**ACTIVITY:**
In the entries that follow, find the word "OutcomeView" and report each line it is on.

..........

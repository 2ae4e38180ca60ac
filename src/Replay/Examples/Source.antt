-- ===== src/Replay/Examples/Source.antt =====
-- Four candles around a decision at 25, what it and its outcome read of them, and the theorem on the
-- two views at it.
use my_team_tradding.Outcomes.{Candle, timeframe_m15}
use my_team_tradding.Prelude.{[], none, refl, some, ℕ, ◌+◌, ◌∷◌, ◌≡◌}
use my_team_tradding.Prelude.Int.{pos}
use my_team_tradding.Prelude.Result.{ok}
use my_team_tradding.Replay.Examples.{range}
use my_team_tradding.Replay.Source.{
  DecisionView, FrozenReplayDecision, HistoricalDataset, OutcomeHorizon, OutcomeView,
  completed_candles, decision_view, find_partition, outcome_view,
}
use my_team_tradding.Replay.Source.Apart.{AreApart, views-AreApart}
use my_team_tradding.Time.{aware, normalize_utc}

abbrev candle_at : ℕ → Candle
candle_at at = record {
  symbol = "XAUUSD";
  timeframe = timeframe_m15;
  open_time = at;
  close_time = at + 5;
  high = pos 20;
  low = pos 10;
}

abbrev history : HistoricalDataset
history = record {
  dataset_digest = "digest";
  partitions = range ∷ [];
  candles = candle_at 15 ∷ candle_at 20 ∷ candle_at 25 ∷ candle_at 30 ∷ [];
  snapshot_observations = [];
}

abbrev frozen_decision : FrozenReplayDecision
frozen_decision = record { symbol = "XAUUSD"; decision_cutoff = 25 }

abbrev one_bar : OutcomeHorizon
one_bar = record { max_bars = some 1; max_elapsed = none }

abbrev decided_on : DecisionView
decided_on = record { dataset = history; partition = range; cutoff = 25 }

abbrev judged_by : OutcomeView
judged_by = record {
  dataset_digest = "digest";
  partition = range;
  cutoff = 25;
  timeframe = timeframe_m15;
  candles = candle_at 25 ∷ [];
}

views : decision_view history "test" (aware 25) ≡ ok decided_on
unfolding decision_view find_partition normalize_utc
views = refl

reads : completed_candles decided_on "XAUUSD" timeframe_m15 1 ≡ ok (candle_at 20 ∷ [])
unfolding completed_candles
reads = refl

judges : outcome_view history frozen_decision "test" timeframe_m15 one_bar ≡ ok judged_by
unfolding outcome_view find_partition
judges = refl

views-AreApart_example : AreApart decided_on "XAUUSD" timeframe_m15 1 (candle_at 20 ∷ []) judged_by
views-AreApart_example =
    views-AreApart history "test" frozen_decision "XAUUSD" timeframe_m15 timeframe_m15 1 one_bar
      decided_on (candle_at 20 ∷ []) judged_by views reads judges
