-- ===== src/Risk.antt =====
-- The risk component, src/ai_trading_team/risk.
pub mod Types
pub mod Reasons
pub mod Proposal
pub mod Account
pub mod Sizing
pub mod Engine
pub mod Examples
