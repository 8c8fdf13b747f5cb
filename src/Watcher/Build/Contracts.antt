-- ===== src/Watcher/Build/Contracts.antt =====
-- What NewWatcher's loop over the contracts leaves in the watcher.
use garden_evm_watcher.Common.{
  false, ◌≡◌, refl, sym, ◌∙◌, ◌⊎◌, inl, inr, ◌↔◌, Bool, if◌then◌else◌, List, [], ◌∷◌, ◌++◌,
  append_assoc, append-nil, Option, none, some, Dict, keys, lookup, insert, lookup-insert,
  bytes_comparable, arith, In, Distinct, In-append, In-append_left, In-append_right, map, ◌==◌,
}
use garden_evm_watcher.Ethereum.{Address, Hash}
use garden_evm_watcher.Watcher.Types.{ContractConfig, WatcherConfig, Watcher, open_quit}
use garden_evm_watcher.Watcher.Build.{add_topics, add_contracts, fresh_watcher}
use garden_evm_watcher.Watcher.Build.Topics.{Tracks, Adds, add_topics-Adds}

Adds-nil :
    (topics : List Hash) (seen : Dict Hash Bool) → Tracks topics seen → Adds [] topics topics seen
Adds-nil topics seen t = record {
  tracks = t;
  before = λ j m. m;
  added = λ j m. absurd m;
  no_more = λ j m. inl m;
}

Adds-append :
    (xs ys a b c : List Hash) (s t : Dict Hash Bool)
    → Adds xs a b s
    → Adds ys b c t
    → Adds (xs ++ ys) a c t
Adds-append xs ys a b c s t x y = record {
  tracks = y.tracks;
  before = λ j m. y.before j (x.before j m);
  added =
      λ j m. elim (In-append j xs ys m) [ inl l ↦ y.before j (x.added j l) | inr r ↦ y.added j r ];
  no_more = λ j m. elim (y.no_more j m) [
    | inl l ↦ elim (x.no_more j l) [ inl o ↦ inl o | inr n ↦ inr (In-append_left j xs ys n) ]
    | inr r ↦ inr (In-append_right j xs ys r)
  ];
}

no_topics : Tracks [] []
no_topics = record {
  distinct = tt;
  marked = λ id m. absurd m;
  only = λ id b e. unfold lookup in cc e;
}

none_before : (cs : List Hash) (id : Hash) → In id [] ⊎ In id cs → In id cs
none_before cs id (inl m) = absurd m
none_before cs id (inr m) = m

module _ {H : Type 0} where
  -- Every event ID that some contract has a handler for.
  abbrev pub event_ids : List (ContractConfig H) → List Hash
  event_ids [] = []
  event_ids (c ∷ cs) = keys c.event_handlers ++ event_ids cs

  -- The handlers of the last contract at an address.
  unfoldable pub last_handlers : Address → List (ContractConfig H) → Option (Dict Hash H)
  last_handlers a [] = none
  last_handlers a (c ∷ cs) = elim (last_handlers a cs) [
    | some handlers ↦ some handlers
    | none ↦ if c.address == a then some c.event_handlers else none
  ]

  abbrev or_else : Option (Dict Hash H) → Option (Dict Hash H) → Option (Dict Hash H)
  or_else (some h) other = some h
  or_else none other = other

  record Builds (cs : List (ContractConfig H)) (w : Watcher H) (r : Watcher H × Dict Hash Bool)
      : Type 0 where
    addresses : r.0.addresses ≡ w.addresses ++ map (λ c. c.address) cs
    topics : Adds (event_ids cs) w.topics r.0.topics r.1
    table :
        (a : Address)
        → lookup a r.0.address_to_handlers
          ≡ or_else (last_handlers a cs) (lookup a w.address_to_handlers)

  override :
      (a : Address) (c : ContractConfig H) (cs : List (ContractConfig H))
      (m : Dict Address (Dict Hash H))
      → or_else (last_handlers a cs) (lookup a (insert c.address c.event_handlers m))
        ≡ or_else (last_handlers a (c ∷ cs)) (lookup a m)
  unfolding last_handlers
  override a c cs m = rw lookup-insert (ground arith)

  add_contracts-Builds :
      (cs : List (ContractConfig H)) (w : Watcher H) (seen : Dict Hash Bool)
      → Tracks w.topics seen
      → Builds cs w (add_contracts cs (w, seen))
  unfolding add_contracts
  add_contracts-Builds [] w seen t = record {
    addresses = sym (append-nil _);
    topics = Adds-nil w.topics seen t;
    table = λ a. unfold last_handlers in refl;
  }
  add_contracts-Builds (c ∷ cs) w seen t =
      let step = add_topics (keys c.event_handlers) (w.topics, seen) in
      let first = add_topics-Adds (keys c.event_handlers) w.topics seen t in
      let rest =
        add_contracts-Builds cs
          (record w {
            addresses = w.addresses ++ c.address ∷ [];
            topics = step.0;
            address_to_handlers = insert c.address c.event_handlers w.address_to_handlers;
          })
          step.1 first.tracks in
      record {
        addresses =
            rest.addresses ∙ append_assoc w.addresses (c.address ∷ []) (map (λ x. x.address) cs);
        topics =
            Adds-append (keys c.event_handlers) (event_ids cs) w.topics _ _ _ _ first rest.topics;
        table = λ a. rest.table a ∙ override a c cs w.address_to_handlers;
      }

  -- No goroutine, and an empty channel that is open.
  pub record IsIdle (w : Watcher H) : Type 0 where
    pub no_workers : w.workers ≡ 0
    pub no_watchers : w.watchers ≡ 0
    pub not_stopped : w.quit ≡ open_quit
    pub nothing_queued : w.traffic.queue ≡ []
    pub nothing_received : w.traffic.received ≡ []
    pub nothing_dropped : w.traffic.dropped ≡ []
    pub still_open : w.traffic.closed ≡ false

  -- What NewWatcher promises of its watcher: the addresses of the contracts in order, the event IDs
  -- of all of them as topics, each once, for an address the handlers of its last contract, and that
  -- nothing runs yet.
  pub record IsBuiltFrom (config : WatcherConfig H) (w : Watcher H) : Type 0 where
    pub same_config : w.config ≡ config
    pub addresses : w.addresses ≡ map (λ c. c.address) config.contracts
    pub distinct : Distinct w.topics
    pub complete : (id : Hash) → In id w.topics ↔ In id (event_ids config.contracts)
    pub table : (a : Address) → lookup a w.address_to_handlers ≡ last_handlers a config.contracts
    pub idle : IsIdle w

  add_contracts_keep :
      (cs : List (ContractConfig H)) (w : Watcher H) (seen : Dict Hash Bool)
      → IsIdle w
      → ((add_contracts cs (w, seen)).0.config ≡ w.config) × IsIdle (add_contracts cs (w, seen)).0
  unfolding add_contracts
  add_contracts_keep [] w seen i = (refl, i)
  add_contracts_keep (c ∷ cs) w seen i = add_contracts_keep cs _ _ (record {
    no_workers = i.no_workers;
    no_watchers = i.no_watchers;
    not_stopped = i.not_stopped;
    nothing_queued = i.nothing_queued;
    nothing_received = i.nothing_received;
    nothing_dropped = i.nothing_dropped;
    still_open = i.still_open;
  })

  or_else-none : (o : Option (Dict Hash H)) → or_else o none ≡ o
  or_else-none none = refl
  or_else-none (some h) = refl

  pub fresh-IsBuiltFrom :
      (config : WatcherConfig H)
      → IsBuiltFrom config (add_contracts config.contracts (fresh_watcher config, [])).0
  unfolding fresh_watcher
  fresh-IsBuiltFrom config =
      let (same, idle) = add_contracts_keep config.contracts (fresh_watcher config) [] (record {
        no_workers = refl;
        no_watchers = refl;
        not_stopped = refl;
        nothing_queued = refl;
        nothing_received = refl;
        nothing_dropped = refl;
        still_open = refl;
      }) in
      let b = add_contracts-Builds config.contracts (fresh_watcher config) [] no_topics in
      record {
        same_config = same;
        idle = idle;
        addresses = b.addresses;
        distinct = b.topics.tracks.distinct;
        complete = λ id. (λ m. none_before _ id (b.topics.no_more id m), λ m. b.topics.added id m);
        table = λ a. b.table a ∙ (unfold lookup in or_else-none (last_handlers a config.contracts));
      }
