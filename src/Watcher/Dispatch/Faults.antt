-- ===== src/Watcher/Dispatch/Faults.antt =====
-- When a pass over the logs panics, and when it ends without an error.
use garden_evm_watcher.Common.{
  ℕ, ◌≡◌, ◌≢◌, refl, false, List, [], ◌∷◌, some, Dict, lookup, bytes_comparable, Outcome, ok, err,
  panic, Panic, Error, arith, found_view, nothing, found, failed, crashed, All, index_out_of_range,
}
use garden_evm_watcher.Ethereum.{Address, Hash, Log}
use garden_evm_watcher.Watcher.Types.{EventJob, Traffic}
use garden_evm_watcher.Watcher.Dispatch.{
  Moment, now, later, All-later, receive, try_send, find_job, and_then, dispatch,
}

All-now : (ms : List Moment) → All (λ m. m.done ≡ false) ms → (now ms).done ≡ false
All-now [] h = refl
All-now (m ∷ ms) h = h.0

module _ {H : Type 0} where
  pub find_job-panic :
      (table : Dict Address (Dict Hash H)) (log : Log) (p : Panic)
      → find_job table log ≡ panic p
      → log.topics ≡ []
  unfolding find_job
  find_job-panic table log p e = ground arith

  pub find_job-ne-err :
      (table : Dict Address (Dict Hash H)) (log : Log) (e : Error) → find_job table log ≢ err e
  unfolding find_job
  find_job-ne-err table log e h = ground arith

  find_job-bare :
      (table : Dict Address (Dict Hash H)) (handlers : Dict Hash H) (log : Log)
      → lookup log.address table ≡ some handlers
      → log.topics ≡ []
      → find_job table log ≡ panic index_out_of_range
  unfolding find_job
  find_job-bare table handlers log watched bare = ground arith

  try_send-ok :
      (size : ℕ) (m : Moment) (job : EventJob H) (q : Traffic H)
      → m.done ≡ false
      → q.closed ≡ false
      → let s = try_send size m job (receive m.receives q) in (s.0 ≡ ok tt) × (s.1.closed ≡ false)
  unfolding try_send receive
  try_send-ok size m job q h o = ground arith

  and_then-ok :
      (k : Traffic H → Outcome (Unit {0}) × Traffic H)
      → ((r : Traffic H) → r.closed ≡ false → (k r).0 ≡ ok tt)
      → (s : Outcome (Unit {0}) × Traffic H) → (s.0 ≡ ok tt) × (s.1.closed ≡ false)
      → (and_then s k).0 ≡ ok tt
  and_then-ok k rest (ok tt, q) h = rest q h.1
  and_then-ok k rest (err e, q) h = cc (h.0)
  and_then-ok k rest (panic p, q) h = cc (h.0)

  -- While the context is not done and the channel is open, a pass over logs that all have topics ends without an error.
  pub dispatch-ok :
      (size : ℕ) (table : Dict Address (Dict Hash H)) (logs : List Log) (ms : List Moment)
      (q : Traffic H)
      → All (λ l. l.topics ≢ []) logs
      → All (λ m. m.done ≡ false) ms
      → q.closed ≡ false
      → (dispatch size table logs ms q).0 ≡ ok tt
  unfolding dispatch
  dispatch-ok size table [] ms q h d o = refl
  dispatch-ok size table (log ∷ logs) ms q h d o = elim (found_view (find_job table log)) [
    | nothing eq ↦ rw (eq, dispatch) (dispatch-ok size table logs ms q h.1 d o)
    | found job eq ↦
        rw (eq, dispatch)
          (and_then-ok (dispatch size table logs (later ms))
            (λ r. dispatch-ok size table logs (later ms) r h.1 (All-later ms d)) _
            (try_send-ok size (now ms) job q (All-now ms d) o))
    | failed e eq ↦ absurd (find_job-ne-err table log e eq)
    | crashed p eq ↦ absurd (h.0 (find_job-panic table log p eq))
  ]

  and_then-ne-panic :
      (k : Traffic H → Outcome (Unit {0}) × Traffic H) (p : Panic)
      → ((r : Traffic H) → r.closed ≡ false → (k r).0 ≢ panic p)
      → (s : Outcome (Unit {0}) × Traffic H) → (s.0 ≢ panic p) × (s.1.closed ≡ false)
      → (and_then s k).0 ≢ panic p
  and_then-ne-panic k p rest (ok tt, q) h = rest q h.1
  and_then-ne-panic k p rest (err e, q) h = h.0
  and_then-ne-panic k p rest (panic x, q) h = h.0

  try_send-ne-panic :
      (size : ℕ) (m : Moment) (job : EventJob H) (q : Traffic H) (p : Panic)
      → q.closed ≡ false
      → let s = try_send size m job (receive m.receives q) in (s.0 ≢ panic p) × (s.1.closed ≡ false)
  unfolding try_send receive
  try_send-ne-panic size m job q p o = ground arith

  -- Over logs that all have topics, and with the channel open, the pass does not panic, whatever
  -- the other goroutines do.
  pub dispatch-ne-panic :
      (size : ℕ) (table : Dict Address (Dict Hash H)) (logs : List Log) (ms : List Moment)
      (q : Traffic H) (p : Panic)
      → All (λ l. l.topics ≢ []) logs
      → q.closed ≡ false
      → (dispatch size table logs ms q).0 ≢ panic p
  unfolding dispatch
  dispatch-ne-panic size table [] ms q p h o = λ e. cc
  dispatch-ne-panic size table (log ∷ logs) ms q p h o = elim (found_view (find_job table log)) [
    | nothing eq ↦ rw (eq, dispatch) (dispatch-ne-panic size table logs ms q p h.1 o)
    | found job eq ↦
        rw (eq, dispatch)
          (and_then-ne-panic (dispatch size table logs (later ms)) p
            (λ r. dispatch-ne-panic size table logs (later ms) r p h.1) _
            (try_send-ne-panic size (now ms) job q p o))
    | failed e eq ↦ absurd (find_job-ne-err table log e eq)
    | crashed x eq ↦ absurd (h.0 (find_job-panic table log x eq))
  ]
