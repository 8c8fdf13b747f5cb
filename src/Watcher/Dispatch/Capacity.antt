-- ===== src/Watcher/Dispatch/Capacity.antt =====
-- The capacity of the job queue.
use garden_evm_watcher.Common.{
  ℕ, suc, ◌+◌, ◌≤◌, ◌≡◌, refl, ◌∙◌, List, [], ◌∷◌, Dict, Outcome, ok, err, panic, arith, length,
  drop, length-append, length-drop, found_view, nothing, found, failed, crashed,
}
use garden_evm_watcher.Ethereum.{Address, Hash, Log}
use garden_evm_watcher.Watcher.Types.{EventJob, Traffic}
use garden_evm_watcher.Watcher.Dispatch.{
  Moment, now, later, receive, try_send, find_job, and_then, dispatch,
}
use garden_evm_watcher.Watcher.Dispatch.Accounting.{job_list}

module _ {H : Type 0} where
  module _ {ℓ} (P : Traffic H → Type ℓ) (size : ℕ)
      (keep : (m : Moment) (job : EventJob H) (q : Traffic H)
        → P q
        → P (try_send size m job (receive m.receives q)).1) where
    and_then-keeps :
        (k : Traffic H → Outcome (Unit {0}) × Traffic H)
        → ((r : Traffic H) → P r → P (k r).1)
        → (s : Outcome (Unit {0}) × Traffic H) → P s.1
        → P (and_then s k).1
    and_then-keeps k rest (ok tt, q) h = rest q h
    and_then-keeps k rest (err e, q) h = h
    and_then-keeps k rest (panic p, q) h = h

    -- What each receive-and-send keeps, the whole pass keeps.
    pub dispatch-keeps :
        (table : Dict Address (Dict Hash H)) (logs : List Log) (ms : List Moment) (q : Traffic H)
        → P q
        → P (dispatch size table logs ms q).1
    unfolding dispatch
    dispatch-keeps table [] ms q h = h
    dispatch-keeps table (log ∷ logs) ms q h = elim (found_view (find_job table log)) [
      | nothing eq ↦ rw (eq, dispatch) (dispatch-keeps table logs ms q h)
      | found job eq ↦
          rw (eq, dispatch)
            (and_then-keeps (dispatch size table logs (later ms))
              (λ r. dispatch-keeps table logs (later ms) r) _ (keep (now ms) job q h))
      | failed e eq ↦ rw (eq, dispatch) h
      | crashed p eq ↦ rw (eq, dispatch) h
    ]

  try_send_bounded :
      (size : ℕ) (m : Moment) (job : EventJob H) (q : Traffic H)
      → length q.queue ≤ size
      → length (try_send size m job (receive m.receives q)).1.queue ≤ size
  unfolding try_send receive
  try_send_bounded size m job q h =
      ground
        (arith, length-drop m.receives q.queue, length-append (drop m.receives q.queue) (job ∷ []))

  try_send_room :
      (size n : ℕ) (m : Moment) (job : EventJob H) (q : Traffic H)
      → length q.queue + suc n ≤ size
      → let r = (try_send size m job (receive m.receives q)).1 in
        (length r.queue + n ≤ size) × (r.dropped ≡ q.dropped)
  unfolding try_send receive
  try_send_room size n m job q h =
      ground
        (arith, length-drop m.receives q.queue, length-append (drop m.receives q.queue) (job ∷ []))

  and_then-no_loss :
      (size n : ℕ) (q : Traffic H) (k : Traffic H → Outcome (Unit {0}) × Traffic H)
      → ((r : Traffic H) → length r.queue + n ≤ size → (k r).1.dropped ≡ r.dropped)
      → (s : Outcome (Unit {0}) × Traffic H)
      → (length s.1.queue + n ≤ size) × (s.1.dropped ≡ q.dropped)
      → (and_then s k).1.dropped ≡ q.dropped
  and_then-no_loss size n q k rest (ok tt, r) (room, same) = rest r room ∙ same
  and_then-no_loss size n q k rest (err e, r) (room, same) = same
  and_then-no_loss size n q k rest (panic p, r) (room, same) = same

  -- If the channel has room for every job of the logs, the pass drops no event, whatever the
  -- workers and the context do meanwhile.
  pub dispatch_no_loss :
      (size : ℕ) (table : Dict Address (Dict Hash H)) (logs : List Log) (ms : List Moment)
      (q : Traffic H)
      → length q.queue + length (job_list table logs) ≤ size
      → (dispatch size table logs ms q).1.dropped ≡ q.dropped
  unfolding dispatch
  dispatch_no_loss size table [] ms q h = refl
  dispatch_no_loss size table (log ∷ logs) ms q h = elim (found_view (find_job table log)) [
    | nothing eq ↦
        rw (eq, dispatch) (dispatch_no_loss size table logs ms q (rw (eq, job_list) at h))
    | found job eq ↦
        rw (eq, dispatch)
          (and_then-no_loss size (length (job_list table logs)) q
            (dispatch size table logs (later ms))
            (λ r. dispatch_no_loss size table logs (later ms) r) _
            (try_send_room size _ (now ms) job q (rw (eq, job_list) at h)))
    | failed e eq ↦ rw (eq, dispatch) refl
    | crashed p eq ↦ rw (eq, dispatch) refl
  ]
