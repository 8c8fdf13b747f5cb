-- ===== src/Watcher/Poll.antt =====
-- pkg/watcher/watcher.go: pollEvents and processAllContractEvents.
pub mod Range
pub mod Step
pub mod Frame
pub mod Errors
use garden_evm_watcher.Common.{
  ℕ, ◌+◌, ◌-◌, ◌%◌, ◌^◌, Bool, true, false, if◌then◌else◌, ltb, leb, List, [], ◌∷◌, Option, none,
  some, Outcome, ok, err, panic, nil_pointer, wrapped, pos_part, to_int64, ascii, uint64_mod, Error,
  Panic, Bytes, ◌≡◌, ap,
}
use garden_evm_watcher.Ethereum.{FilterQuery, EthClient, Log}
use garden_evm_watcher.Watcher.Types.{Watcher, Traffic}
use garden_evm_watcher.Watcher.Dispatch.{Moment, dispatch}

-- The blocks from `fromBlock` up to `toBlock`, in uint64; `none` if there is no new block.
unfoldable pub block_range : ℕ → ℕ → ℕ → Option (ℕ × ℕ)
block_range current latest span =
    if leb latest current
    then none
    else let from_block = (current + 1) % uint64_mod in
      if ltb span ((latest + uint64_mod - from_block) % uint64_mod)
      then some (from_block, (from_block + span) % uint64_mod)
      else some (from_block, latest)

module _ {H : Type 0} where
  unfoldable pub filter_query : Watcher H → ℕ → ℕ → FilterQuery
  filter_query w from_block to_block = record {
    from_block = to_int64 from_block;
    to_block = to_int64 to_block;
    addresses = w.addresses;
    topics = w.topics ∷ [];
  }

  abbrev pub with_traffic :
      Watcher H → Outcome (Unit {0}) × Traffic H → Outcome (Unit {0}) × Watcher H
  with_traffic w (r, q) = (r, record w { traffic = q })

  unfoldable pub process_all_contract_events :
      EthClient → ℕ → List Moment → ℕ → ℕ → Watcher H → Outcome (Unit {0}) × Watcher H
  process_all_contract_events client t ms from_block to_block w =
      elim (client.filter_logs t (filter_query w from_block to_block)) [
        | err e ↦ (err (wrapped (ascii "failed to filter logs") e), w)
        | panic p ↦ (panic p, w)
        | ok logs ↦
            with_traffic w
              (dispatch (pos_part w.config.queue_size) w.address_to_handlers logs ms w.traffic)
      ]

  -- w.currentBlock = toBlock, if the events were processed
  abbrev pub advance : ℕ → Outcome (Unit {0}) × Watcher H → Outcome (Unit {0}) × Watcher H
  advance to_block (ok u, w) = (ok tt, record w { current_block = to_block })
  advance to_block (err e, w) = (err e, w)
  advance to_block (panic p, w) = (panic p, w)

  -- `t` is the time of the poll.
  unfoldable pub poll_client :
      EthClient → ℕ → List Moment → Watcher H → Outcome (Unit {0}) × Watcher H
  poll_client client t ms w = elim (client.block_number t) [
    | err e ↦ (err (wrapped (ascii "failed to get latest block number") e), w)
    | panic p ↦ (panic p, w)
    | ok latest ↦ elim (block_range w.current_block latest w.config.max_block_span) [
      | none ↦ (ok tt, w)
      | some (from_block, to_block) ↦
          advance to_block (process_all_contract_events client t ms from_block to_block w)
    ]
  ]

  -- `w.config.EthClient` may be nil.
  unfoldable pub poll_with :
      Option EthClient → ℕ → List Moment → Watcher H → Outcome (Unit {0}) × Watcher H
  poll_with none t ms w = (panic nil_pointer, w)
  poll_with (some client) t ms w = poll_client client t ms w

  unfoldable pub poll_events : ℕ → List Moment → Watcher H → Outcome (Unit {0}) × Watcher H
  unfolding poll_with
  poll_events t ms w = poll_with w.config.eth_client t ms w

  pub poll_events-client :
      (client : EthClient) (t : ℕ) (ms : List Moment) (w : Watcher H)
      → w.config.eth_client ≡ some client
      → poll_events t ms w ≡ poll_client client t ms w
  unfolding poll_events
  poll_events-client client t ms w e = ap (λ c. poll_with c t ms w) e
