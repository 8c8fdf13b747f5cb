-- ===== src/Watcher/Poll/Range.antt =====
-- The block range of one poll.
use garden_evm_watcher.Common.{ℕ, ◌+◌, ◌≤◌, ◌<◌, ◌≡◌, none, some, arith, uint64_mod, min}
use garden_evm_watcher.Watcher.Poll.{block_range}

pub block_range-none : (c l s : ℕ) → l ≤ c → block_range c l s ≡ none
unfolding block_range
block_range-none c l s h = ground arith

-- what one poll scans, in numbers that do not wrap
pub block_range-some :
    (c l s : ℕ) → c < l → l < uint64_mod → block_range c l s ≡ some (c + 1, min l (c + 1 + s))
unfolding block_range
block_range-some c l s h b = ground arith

..........

**TASK RESPONSE:**
  DecisionView, FrozenReplayDecision, HistoricalDataset, OutcomeHorizon, OutcomeView,
abbrev judged_by : OutcomeView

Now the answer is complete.